A complete answer lists every line of the material where the string "refl" occurs.

Working data ->
-------------------------
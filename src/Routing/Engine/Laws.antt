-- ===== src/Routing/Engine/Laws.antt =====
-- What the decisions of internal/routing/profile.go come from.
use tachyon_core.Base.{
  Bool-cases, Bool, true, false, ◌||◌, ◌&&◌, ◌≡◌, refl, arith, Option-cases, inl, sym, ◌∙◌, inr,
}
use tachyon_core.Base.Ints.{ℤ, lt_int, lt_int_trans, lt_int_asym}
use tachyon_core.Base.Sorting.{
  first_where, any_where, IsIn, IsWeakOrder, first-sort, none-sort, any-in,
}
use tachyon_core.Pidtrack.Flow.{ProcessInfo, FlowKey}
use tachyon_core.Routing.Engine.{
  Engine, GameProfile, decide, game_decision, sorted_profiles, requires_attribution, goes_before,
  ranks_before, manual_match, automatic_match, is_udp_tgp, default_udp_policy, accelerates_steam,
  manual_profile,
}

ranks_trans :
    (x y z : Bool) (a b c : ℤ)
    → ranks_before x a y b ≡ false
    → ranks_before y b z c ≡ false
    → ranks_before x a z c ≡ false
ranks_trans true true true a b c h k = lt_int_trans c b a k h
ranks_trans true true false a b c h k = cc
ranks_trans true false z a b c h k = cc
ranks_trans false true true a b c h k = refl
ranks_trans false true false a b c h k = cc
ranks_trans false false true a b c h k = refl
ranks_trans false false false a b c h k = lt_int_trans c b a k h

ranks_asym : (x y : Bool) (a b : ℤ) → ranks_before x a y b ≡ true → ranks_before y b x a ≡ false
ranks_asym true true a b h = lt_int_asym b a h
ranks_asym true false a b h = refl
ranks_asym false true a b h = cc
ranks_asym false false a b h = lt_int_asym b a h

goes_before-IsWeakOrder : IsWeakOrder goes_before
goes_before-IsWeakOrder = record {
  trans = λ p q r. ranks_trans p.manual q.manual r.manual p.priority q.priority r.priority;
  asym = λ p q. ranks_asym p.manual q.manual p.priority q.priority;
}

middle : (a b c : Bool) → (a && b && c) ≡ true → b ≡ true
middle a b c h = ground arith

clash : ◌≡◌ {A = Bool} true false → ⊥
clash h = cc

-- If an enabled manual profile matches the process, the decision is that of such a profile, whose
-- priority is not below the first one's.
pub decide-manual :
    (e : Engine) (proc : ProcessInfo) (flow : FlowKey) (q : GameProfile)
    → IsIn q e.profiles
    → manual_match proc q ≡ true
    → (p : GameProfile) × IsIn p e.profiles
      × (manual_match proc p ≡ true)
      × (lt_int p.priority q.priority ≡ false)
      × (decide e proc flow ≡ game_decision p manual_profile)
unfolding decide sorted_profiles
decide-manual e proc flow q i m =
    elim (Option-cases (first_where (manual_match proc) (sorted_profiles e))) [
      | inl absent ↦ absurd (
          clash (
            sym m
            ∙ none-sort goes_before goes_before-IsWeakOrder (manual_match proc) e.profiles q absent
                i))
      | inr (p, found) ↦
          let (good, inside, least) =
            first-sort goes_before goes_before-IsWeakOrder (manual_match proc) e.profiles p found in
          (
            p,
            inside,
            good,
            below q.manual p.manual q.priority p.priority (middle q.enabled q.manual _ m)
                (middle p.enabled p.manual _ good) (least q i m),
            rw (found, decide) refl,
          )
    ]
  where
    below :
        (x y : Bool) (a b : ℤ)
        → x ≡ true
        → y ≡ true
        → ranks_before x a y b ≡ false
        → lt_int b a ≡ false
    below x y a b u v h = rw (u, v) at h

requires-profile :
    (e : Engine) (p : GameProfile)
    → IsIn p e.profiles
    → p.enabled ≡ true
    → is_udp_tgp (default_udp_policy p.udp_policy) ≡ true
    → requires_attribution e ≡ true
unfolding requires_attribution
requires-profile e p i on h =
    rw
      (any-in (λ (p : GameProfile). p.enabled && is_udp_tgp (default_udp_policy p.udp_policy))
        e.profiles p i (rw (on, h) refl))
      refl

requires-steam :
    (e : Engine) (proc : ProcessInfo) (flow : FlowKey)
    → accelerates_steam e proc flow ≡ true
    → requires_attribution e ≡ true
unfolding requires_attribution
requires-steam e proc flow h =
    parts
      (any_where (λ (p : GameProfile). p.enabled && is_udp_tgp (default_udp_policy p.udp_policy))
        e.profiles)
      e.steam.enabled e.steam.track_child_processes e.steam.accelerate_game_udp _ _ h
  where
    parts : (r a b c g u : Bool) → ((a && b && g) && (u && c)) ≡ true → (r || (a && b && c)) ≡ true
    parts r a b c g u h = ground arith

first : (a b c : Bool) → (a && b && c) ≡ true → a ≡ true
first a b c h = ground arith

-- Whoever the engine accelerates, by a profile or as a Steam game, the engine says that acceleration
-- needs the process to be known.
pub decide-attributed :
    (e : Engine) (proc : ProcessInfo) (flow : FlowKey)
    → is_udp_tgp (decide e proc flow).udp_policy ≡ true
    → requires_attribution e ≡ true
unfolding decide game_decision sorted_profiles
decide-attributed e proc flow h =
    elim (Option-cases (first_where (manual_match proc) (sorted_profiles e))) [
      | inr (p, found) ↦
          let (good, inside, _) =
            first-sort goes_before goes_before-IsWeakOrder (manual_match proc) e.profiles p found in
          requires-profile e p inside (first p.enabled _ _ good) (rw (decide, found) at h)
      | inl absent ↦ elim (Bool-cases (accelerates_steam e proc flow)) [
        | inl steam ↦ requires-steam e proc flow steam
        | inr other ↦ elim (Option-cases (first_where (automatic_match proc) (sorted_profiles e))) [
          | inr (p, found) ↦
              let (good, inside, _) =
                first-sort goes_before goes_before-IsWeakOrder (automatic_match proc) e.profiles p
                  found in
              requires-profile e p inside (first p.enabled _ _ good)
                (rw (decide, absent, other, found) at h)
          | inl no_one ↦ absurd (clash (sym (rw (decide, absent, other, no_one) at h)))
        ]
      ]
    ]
-------------------------
Finished task ->
  Bool-cases, Bool, true, false, ◌||◌, ◌&&◌, ◌≡◌, refl, arith, Option-cases, inl, sym, ◌∙◌, inr,
ranks_trans false true true a b c h k = refl
ranks_trans false false true a b c h k = refl
ranks_asym true false a b h = refl
            rw (found, decide) refl,
        e.profiles p i (rw (on, h) refl))
      refl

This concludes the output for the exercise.